_Given information_:

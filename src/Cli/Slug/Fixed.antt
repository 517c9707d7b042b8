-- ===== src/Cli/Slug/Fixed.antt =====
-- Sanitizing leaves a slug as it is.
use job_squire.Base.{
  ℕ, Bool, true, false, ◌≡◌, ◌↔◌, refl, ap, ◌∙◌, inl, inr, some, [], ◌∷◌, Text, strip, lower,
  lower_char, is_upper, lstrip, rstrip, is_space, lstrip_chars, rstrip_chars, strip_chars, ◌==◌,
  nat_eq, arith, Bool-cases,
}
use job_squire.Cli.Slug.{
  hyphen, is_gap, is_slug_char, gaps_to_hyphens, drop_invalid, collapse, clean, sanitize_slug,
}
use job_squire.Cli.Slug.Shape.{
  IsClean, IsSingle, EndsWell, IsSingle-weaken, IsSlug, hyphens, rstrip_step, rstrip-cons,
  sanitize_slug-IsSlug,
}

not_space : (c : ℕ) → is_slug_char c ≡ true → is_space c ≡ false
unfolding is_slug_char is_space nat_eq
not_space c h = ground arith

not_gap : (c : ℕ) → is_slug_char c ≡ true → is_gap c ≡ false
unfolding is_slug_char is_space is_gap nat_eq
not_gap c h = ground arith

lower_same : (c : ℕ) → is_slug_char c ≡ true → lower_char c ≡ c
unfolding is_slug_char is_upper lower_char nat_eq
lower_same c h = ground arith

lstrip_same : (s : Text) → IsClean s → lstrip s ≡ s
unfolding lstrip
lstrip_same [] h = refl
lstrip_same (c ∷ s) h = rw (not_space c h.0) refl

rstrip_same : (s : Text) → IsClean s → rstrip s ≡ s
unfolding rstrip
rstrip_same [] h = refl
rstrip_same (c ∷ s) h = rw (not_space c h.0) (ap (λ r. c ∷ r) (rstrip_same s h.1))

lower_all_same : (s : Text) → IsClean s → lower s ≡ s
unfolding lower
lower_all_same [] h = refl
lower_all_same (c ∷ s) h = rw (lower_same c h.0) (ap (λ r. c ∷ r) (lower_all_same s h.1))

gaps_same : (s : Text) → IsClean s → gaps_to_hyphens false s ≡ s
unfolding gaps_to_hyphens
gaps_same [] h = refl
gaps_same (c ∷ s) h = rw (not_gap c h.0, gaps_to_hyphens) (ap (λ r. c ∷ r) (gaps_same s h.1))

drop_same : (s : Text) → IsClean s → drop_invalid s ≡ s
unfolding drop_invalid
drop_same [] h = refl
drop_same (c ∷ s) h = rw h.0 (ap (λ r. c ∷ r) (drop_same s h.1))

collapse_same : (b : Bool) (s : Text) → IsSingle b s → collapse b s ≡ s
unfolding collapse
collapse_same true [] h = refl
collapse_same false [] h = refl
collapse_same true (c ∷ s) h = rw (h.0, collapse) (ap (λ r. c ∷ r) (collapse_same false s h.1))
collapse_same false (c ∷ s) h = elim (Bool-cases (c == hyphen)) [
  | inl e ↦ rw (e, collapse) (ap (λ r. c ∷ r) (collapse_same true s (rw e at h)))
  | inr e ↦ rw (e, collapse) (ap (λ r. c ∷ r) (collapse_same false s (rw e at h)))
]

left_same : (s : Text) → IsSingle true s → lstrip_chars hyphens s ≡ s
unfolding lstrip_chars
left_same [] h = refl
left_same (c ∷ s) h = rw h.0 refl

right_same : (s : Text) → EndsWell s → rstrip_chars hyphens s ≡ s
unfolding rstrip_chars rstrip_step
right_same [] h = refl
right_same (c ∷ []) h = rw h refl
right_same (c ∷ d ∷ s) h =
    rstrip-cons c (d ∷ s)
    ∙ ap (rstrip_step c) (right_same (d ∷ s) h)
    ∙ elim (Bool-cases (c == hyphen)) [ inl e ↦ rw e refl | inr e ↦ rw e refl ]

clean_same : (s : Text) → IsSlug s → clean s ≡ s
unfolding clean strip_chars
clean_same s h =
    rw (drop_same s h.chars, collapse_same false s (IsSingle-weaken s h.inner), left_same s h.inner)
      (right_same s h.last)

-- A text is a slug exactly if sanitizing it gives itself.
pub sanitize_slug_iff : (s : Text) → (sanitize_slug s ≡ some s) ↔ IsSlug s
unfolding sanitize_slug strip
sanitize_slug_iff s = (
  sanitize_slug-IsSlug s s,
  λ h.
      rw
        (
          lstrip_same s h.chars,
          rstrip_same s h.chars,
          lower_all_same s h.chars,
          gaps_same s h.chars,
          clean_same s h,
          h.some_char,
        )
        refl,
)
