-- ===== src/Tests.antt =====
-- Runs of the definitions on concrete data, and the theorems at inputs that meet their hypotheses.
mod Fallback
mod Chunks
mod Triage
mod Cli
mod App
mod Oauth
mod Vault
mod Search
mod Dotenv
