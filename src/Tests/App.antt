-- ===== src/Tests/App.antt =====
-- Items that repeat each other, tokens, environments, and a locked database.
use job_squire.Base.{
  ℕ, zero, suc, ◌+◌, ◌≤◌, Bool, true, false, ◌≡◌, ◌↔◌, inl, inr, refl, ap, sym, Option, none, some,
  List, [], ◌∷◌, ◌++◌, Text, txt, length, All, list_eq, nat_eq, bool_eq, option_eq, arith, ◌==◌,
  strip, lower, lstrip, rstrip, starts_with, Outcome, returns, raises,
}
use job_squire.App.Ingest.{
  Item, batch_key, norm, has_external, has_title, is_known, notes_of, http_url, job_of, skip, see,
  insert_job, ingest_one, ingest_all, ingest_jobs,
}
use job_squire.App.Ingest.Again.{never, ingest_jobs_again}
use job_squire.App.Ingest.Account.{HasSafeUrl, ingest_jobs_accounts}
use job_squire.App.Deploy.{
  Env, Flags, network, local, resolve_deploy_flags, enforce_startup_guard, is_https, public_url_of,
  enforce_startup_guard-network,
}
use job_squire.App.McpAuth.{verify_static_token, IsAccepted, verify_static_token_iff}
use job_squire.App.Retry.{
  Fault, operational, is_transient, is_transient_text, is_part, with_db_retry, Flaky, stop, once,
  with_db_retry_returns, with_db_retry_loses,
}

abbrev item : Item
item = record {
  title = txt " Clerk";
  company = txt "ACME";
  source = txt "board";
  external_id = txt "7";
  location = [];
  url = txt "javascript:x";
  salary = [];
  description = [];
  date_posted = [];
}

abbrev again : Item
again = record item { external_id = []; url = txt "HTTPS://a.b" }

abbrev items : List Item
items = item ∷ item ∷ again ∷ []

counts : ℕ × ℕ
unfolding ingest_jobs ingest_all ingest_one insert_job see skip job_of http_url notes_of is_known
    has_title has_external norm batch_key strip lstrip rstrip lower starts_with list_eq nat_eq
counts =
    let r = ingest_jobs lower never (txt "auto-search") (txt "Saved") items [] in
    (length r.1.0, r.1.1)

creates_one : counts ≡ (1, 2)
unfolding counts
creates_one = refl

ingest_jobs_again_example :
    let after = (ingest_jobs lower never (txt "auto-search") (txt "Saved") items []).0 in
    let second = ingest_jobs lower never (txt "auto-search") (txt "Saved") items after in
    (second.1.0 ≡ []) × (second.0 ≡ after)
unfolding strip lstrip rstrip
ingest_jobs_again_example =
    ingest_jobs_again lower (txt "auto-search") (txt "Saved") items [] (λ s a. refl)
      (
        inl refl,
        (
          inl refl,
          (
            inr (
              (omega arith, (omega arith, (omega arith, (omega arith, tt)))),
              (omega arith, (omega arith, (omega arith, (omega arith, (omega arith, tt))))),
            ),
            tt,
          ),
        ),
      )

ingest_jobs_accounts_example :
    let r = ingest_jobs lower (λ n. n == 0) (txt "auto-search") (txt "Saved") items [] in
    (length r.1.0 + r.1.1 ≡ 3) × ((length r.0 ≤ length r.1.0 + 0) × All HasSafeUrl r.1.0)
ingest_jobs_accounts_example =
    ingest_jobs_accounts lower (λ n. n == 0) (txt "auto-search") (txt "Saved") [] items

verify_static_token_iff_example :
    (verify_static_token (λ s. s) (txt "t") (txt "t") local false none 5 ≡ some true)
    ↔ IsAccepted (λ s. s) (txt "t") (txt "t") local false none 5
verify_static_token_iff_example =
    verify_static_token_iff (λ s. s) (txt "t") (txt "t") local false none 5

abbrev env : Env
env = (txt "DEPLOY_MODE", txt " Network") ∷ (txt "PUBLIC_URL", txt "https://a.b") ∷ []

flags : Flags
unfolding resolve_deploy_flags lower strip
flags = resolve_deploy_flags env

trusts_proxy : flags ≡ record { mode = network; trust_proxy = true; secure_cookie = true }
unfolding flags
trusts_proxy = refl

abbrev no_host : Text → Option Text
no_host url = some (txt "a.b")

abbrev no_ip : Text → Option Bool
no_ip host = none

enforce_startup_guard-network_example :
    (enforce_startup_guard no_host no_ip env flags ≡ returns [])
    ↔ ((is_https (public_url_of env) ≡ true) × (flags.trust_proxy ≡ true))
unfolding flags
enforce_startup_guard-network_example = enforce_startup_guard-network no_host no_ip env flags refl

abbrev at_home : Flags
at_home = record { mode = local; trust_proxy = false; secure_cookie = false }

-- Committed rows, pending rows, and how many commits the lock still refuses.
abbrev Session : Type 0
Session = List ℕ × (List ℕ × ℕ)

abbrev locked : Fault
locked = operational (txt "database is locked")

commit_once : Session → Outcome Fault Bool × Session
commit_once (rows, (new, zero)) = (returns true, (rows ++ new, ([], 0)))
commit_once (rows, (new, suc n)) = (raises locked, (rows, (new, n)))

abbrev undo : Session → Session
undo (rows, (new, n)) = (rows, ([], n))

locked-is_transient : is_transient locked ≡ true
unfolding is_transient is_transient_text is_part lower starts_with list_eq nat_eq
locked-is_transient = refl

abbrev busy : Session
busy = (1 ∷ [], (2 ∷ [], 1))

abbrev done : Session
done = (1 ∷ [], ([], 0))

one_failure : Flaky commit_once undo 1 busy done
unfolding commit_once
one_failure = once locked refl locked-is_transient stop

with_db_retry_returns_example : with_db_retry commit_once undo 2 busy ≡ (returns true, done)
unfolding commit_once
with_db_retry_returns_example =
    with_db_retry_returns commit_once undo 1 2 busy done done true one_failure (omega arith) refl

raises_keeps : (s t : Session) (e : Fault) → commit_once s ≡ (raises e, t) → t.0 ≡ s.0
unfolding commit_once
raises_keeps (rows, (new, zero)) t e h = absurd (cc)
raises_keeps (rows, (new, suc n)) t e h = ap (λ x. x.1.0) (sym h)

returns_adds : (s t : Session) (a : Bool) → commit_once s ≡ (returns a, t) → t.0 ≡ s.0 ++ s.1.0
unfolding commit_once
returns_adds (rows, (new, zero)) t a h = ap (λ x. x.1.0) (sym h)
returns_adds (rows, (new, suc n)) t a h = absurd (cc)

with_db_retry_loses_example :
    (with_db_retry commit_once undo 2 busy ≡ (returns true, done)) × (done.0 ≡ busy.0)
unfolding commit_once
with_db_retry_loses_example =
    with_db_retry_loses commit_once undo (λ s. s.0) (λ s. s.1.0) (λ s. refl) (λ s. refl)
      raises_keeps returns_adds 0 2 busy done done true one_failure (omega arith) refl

_Prompt_: Go through the entries above and report how many lines hold the word "after". Nothing but the number is needed.

_Written response_: 3